Weekly digest: what’s happening in open science?

Sarah Sabir

Featuring news from Peer Review Week, help for smaller scientific societies with the transition to Plan S and recommendations by NIH to make data more FAIR

Focus on quality during Peer Review Week! via The Scholarly Kitchen

Now in its fifth year, Peer Review Week is the global celebration of the role that peer review plays in scholarly communication. This year, the focus was on ‘quality in peer review’. Topics included perspectives on what quality in peer review looks like, how journals can ensure high standards and whether this matters to the public. To hear from a range of voices around the world about quality in peer review, check out the Peer Review Week YouTube channel.

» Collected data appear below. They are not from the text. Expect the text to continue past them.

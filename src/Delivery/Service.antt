-- ===== src/Delivery/Service.antt =====
-- src/luna_agent/delivery/service.py: DeliveryService.deliver_once and deliver over the tables of
-- deliveries and of their parts. What a hook answers before a delivery is an argument; the hook after
-- it is only told.
pub mod Attempt
pub mod Pass
pub mod Complete
pub mod History
pub mod Resend
mod Examples
use luna_agent.Prelude.{
  ℕ, zero, suc, ◌+◌, max, String, Bool, true, false, not, ◌&&◌, ◌||◌, Option, none, some, List, [],
  ◌∷◌, ◌++◌, ◌==◌, String_eq, ℕ_eq, if◌then◌else◌, is_empty, ltb, nat_eq, length, keep, find?, elem,
}
use Prim.Native.String.{◌++◌ as join}
use text.Mathlib.Text.{starts_with}
use luna_agent.Prelude.Dict
use luna_agent.Prelude.Dict.{Dict}
use luna_agent.Delivery.Send.{Platform, execute_operation}
use luna_agent.Delivery.{DeliveryStatus, DeliveryResult, Outbox, enqueue, claim, record_result}
use luna_agent.Delivery.Planner.{
  DeliveryOperation, DeliveryPlan, PlatformCapabilities, or_text, plan,
}
use luna_agent.Conversation.Message.{MessagePart, OutboundMessage}
use luna_agent.Delivery.Parts.{
  PartStatus, OutboxPartRecord, DeliveryPartResult, Rows, ensure_parts, start_part,
  record_part_result, recover,
}

abbrev pub is_delivered : PartStatus → Bool
is_delivered PartStatus.delivered = true
is_delivered _ = false

abbrev pub is_given_up : PartStatus → Bool
is_given_up PartStatus.failed = true
is_given_up PartStatus.ambiguous = true
is_given_up _ = false

-- What is reported of a part that an earlier attempt has settled.
abbrev pub skipped_part : DeliveryOperation → OutboxPartRecord → Bool → DeliveryPartResult
skipped_part op found success = record {
  index = op.index;
  operation = found.operation;
  success = success;
  message_id = found.message_id;
  error = if success then "" else found.error;
  attempts = found.attempts;
  ambiguous = not success && found.ambiguous;
  skipped = true;
}

module _ (p : Platform) (session_key : String) where
  -- One operation that is sent now.
  unfoldable pub send_part :
      (max_attempts : ℕ) → Rows → DeliveryOperation → (attempts : ℕ) → Rows × DeliveryPartResult
  send_part max_attempts rows op attempts =
      let part = execute_operation p session_key op attempts in
      (record_part_result max_attempts (start_part rows op.index) part, part)

  -- The loop over the operations of the plan, with the records that were read before it.
  unfoldable pub deliver_parts :
      (max_attempts : ℕ)
      → (records rows : Rows) → List DeliveryOperation
      → Rows × List DeliveryPartResult
  deliver_parts max_attempts records rows [] = (rows, [])
  deliver_parts max_attempts records rows (op ∷ ops) = elim (Dict.get records op.index) [
    | none ↦
        let sent = send_part max_attempts rows op 1 in
        let rest = deliver_parts max_attempts records sent.0 ops in
        if sent.1.success then (rest.0, sent.1 ∷ rest.1) else (sent.0, sent.1 ∷ [])
    | some found ↦
        let sent = send_part max_attempts rows found.operation (found.attempts + 1) in
        let rest = deliver_parts max_attempts records sent.0 ops in
        let passed = deliver_parts max_attempts records rows ops in
        if is_delivered found.status
        then (passed.0, skipped_part op found true ∷ passed.1)
        else if is_given_up found.status
        then (rows, skipped_part op found false ∷ [])
        else if sent.1.success
        then (rest.0, sent.1 ∷ rest.1)
        else (sent.0, sent.1 ∷ [])
  ]

abbrev pub failed_part : List DeliveryPartResult → Option DeliveryPartResult
failed_part results = find? (λ part. not part.success) results

-- The last message id that is not empty.
abbrev pub last_message_id : List DeliveryPartResult → String
last_message_id [] = ""
last_message_id (part ∷ parts) =
    if is_empty (last_message_id parts) then part.message_id else last_message_id parts

abbrev pub most_attempts : List DeliveryPartResult → ℕ
most_attempts [] = 0
most_attempts (part ∷ parts) = max part.attempts (most_attempts parts)

abbrev pub all_succeed : List DeliveryPartResult → Bool
all_succeed [] = true
all_succeed (part ∷ parts) = part.success && all_succeed parts

abbrev pub error_of : Option DeliveryPartResult → String
error_of none = ""
error_of (some part) = part.error

abbrev pub ambiguous_of : Option DeliveryPartResult → Bool
ambiguous_of none = false
ambiguous_of (some part) = part.ambiguous

pub record ServiceResult : Type 0 where
  pub result : DeliveryResult
  pub message_id : String
  pub partial : Bool
  pub degraded : Bool
  pub parts : List DeliveryPartResult

-- The result of a plan whose operations were tried.
unfoldable pub result_of :
    (delivery_id : String) → DeliveryPlan → List DeliveryPartResult → ServiceResult
result_of delivery_id plan parts =
    let success =
      ltb 0 (length parts) && nat_eq (length parts) (length plan.operations) && all_succeed parts in
    let delivered_count = length (keep (λ part. part.success) parts) in
    record {
      result = record {
        delivery_id = delivery_id;
        status = if success then DeliveryStatus.delivered else DeliveryStatus.failed;
        error = error_of (failed_part parts);
        attempts = most_attempts parts;
        ambiguous = ambiguous_of (failed_part parts);
      };
      message_id = last_message_id parts;
      partial = ltb 0 delivered_count && not success;
      degraded = plan.degraded;
      parts = parts;
    }

-- What a hook answers before a delivery.
pub record PreDeliveryOutcome : Type 0 where
  pub suppressed : Bool
  pub removed_artifact_ids : List String
  pub text : Option String

abbrev is_some : Option String → Bool
is_some none = false
is_some (some text) = true

abbrev no_member : List String → Bool
no_member [] = true
no_member (x ∷ xs) = false

module _ {M : Type 0} (no_metadata : M) where
  abbrev text_part : String → MessagePart M
  text_part text = record {
    type = "text";
    text = text;
    url = "";
    path = "";
    file_id = "";
    artifact_id = "";
    name = "";
    mime_type = "";
    metadata = no_metadata;
  }

  abbrev kept_part : PreDeliveryOutcome → MessagePart M → Bool
  kept_part outcome part =
      not (not (is_empty part.artifact_id) && elem part.artifact_id outcome.removed_artifact_ids)
      && not (is_some outcome.text && (part.type == "text"))

  -- The message that is delivered, or none where the hook suppresses it.
  unfoldable pub pre_delivery :
      Option PreDeliveryOutcome → OutboundMessage M → Option (OutboundMessage M)
  pre_delivery none message = some message
  pre_delivery (some outcome) message =
      let parts = keep (kept_part outcome) message.parts in
      if outcome.suppressed then none else elim outcome.text [
        | some text ↦ some (record { parts = text_part text ∷ parts })
        | none ↦
            if no_member outcome.removed_artifact_ids
            then some message
            else some (record { parts = parts })
      ]

pub data DeliveryKind : Type 0 where
  conversation command notification approval auth system : DeliveryKind

-- `DeliveryKind.protected`
abbrev pub is_protected : DeliveryKind → Bool
is_protected approval = true
is_protected auth = true
is_protected system = true
is_protected _ = false

pub record DeliveryRequest (M : Type 0) : Type 0 where
  pub session_key : String
  pub message : OutboundMessage M
  pub kind : DeliveryKind
  pub delivery_id : String

-- The binding of the session and the adapter of its platform.
pub data Route : Type 0 where
  unbound : Route
  unavailable : (platform : String) → Route
  connected : Platform → PlatformCapabilities → Route

-- `DeliveryService._failed`, and the result of a delivery that is suppressed.
abbrev pub untried : String → DeliveryStatus → String → ServiceResult
untried delivery_id status error = record {
  result = record {
    delivery_id = delivery_id;
    status = status;
    error = error;
    attempts = 0;
    ambiguous = false;
  };
  message_id = "";
  partial = false;
  degraded = false;
  parts = [];
}

module _ {M : Type 0} (no_metadata : M) (lower : String → String) (max_attempts : ℕ) where
  unfoldable pub deliver_planned :
      Rows → Platform → DeliveryRequest M → DeliveryPlan → Rows × ServiceResult
  deliver_planned rows p request planned =
      let records = ensure_parts rows planned.operations in
      let tried =
        deliver_parts p request.session_key max_attempts records records planned.operations in
      (tried.0, result_of request.delivery_id planned tried.1)

  -- A message after the hook; none is one that the hook suppressed.
  unfoldable pub deliver_message :
      Rows
      → Platform
      → PlatformCapabilities
      → DeliveryRequest M
      → Option (OutboundMessage M)
      → Rows × ServiceResult
  deliver_message rows p caps request none =
      (rows, untried request.delivery_id DeliveryStatus.suppressed "")
  deliver_message rows p caps request (some message) =
      deliver_planned rows p request (plan lower message caps)

  unfoldable pub deliver_once :
      Rows → Route → Option PreDeliveryOutcome → DeliveryRequest M → Rows × ServiceResult
  deliver_once rows unbound hook request =
      (rows, untried request.delivery_id DeliveryStatus.deferred "session has no delivery binding")
  deliver_once rows (unavailable platform) hook request = (
    rows,
    untried request.delivery_id DeliveryStatus.deferred
        (join "platform adapter is unavailable: " platform),
  )
  deliver_once rows (connected p caps) hook request = deliver_message rows p caps request (
      if is_protected request.kind
      then some request.message
      else pre_delivery no_metadata hook request.message)

  -- The tables, and the result that the caller gets.
  unfoldable pub deliver :
      Outbox
      → Rows
      → Route
      → Option PreDeliveryOutcome
      → DeliveryRequest M
      → (now : ℕ) → Outbox × Rows × DeliveryResult
  deliver o rows route hook request now =
      let claimed = claim (enqueue o request.delivery_id now) request.delivery_id in
      let once = deliver_once rows route hook request in
      let recorded = record_result claimed.0 once.1.result now in
      if claimed.1 then (recorded.0, once.0, recorded.1) else (
        claimed.0,
        rows,
        (untried request.delivery_id DeliveryStatus.deferred
            "delivery is already being processed").result,
      )
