-- ===== src/Delivery/Service/Attempt.antt =====
-- What one attempt at a part does to the rows.
use luna_agent.Prelude.{
  ℕ, ◌+◌, ◌≤◌, ◌<◌, String, ◌≡◌, sym, ap, ◌∙◌, subst, ◌⊎◌, inl, inr, Bool, true, false, ◌||◌,
  Option, none, some, List, [], ◌∷◌, arith, ◌==◌, ==_iff, ==_self, String_eq, ℕ_eq, if◌then◌else◌,
  Bool-cases, Option-cases, All,
}
use luna_agent.Prelude.Dict
use luna_agent.Prelude.Dict.{get-put, get-map_values}
use luna_agent.Delivery.Planner.{DeliveryOperation}
use luna_agent.Delivery.Parts.{
  PartStatus, OutboxPartRecord, DeliveryPartResult, Rows, new_part, ensure_parts, start_part,
  attempts_of, part_status, record_part_result, recovered, recover, changed_at, get-update_part,
  ensure_parts-keeps,
}
use luna_agent.Delivery.Send.{Platform, execute_operation}
use luna_agent.Delivery.Service.{is_delivered, is_given_up, send_part}

abbrev pub is_settled : PartStatus → Bool
is_settled status = is_delivered status || is_given_up status

-- A row: the key is the index of its operation, and one that may be sent again was tried less often
-- than allowed.
abbrev pub RowOk : ℕ → ℕ → OutboxPartRecord → Type 0
RowOk max_attempts i row =
    (row.operation.index ≡ i)
    × (row.attempts ≤ max_attempts)
    × ((is_settled row.status ≡ true) ⊎ (row.attempts < max_attempts))

abbrev pub RowsOk : ℕ → Rows → Type 0
RowsOk max_attempts rows =
    (i : ℕ) (row : OutboxPartRecord) → Dict.get rows i ≡ some row → RowOk max_attempts i row

pub RowOk-of :
    (max_attempts i : ℕ) (a b : OutboxPartRecord)
    → some a ≡ some b
    → RowOk max_attempts i a
    → RowOk max_attempts i b
RowOk-of max_attempts i a b e ok = ground (arith, ok)

-- The row after an attempt.
abbrev pub tried : ℕ → DeliveryPartResult → OutboxPartRecord → OutboxPartRecord
tried max_attempts part row = record row {
  status = part_status max_attempts part (row.attempts + 1);
  attempts = row.attempts + 1;
  message_id = part.message_id;
  error = part.error;
  ambiguous = part.ambiguous;
}

pub execute_operation-index :
    (p : Platform) (session_key : String) (op : DeliveryOperation) (attempts : ℕ)
    → ((execute_operation p session_key op attempts).index ≡ op.index)
      × ((execute_operation p session_key op attempts).skipped ≡ false)
unfolding execute_operation
execute_operation-index p session_key op attempts = ground arith

get-record_part_result :
    (max_attempts : ℕ) (rows : Rows) (part : DeliveryPartResult) (i : ℕ)
    → part.skipped ≡ false
    → Dict.get (record_part_result max_attempts (start_part rows part.index) part) i
      ≡ changed_at (part.index == i) (tried max_attempts part) (Dict.get rows i)
unfolding record_part_result start_part
get-record_part_result max_attempts rows part i sent =
    let started = start_part rows part.index in
    let here =
      get-update_part rows part.index (λ row. record row { status = PartStatus.sending }) in
    let attempts = attempts_of (Dict.get started part.index) + 1 in
    let last =
      get-update_part started part.index
        (λ row. record row {
          status = part_status max_attempts part attempts;
          attempts = attempts;
          message_id = part.message_id;
          error = part.error;
          ambiguous = part.ambiguous;
        })
        i in
    ground (
      arith,
      sent,
      here part.index,
      here i,
      last,
      ==_iff part.index i,
      ==_self part.index,
      Option-cases (Dict.get rows part.index),
    )

pub get-send_part :
    (p : Platform) (session_key : String) (max_attempts : ℕ) (rows : Rows) (op : DeliveryOperation)
    (attempts i : ℕ)
    → Dict.get (send_part p session_key max_attempts rows op attempts).0 i
      ≡ changed_at
          (op.index == i)
          (tried max_attempts (execute_operation p session_key op attempts))
          (Dict.get rows i)
unfolding send_part
get-send_part p session_key max_attempts rows op attempts i =
    let part = execute_operation p session_key op attempts in
    let same = execute_operation-index p session_key op attempts in
    subst
      (λ k.
        Dict.get (record_part_result max_attempts (start_part rows k) part) i
        ≡ changed_at (k == i) (tried max_attempts part) (Dict.get rows i))
      same.0 (get-record_part_result max_attempts rows part i same.1)

-- An attempt at a row that may be sent.
pub tried_ok :
    (max_attempts i : ℕ) (part : DeliveryPartResult) (row : OutboxPartRecord)
    → RowOk max_attempts i row
    → is_settled row.status ≡ false
    → RowOk max_attempts i (tried max_attempts part row)
unfolding part_status
tried_ok max_attempts i part row ok unsettled = ground (arith, ok)

pub send_part_ok :
    (p : Platform) (session_key : String) (max_attempts : ℕ) (rows : Rows) (op : DeliveryOperation)
    (attempts : ℕ) (found : OutboxPartRecord)
    → Dict.get rows op.index ≡ some found
    → is_settled found.status ≡ false
    → RowsOk max_attempts rows
    → RowsOk max_attempts (send_part p session_key max_attempts rows op attempts).0
send_part_ok p session_key max_attempts rows op attempts found there unsettled ok i row e =
    let part = execute_operation p session_key op attempts in
    let now : changed_at (op.index == i) (tried max_attempts part) (Dict.get rows i) ≡ some row =
      sym (get-send_part p session_key max_attempts rows op attempts i) ∙ e in
    elim (Bool-cases (op.index == i)) [
      | inl same ↦
          let here : Dict.get rows i ≡ some found =
            subst (λ k. Dict.get rows k ≡ some found) ((==_iff op.index i).0 same) there in
          RowOk-of max_attempts i (tried max_attempts part found) row
            (ground (arith, now, same, here))
            (tried_ok max_attempts i part found (ok i found here) unsettled)
      | inr other ↦ ok i row (ground (arith, now, other, Option-cases (Dict.get rows i)))
    ]

new_part_ok :
    (max_attempts : ℕ) (rows : Rows) (op : DeliveryOperation)
    → 0 < max_attempts
    → RowsOk max_attempts rows
    → RowsOk max_attempts (Dict.put rows op.index (new_part op))
new_part_ok max_attempts rows op some_attempt ok i row e =
    let now : (if op.index == i then some (new_part op) else Dict.get rows i) ≡ some row =
      sym (get-put rows op.index (new_part op) i) ∙ e in
    elim (Bool-cases (op.index == i)) [
      | inl same ↦
          RowOk-of max_attempts i (new_part op) row (ground (arith, now, same))
            ((==_iff op.index i).0 same, omega arith, inr some_attempt)
      | inr other ↦ ok i row (ground (arith, now, other))
    ]

ensure_missing :
    (rows : Rows) (op : DeliveryOperation) (ops : List DeliveryOperation)
    → Dict.get rows op.index ≡ none
    → ensure_parts rows (op ∷ ops) ≡ ensure_parts (Dict.put rows op.index (new_part op)) ops
unfolding ensure_parts
ensure_missing rows op ops missing = ground (arith, missing)

ensure_found :
    (rows : Rows) (op : DeliveryOperation) (ops : List DeliveryOperation) (row : OutboxPartRecord)
    → Dict.get rows op.index ≡ some row
    → ensure_parts rows (op ∷ ops) ≡ ensure_parts rows ops
unfolding ensure_parts
ensure_found rows op ops row found = ground (arith, found)

pub ensure_parts_ok :
    (max_attempts : ℕ) (rows : Rows) (ops : List DeliveryOperation)
    → 0 < max_attempts
    → RowsOk max_attempts rows
    → RowsOk max_attempts (ensure_parts rows ops)
unfolding ensure_parts
ensure_parts_ok max_attempts rows [] some_attempt ok = ok
ensure_parts_ok max_attempts rows (op ∷ ops) some_attempt ok =
    elim (Option-cases (Dict.get rows op.index)) [
      | inl missing ↦
          subst (λ r. RowsOk max_attempts r) (sym (ensure_missing rows op ops missing))
            (ensure_parts_ok max_attempts (Dict.put rows op.index (new_part op)) ops some_attempt
              (new_part_ok max_attempts rows op some_attempt ok))
      | inr (row, found) ↦
          subst (λ r. RowsOk max_attempts r) (sym (ensure_found rows op ops row found))
            (ensure_parts_ok max_attempts rows ops some_attempt ok)
    ]

recovered_ok :
    (max_attempts i : ℕ) (row : OutboxPartRecord)
    → RowOk max_attempts i row
    → RowOk max_attempts i (record row { status = recovered row.status })
recovered_ok max_attempts i row ok = ground (arith, ok)

pub recover_ok :
    (max_attempts : ℕ) (rows : Rows) → RowsOk max_attempts rows → RowsOk max_attempts (recover rows)
unfolding recover
recover_ok max_attempts rows ok i row e =
    let now =
      sym (get-map_values (λ row. record row { status = recovered row.status }) rows i) ∙ e in
    elim (Option-cases (Dict.get rows i)) [
      | inl missing ↦ ground (arith, now, missing)
      | inr (before, found) ↦
          RowOk-of max_attempts i (record before { status = recovered before.status }) row
            (ground (arith, now, found)) (recovered_ok max_attempts i before (ok i before found))
    ]

abbrev pub is_there : Option OutboxPartRecord → Bool
is_there none = false
is_there (some row) = true

pub ensure_parts_there :
    (rows : Rows) (ops : List DeliveryOperation)
    → All (λ op. is_there (Dict.get (ensure_parts rows ops) op.index) ≡ true) ops
unfolding ensure_parts
ensure_parts_there rows [] = tt
ensure_parts_there rows (op ∷ ops) = elim (Option-cases (Dict.get rows op.index)) [
  | inl missing ↦
      let more = Dict.put rows op.index (new_part op) in
      subst (λ r. All (λ op. is_there (Dict.get r op.index) ≡ true) (op ∷ ops))
        (sym (ensure_missing rows op ops missing))
        (
          ap is_there (
              ensure_parts-keeps more ops op.index (new_part op) (
                get-put rows op.index (new_part op) op.index ∙ (ground (arith, ==_self op.index)))),
          ensure_parts_there more ops,
        )
  | inr (row, found) ↦
      subst (λ r. All (λ op. is_there (Dict.get r op.index) ≡ true) (op ∷ ops))
        (sym (ensure_found rows op ops row found))
        (ap is_there (ensure_parts-keeps rows ops op.index row found), ensure_parts_there rows ops)
]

In this post, Director of Sense about Science, Tracey Brown OBE, explains the importance of peer review. Tracey’s organization has been involved with Peer Review Week since its launch, its core aim being to share the value of peer review with the public. Tracey explains that the quality of a publication, a grant application or an abstract is improved both indirectly and directly through peer review. Indirect improvement is achieved through the researcher knowing that their submission will be scrutinized during peer review, which urges them to constantly re-evaluate their own work, and direct improvement comes by incorporating feedback from the peer reviewers. And in an age of abundance of information and misinformation, the critical scrutiny of peer review is valuable in helping to choose what to read, trust, publish or fund. To educate the public about the importance of the peer review system, Sense about Science has published a handy guide called ‘I Don’t Know What to Believe’, explaining the peer review system, how the public can make sense of science stories, and what to consider valid and original.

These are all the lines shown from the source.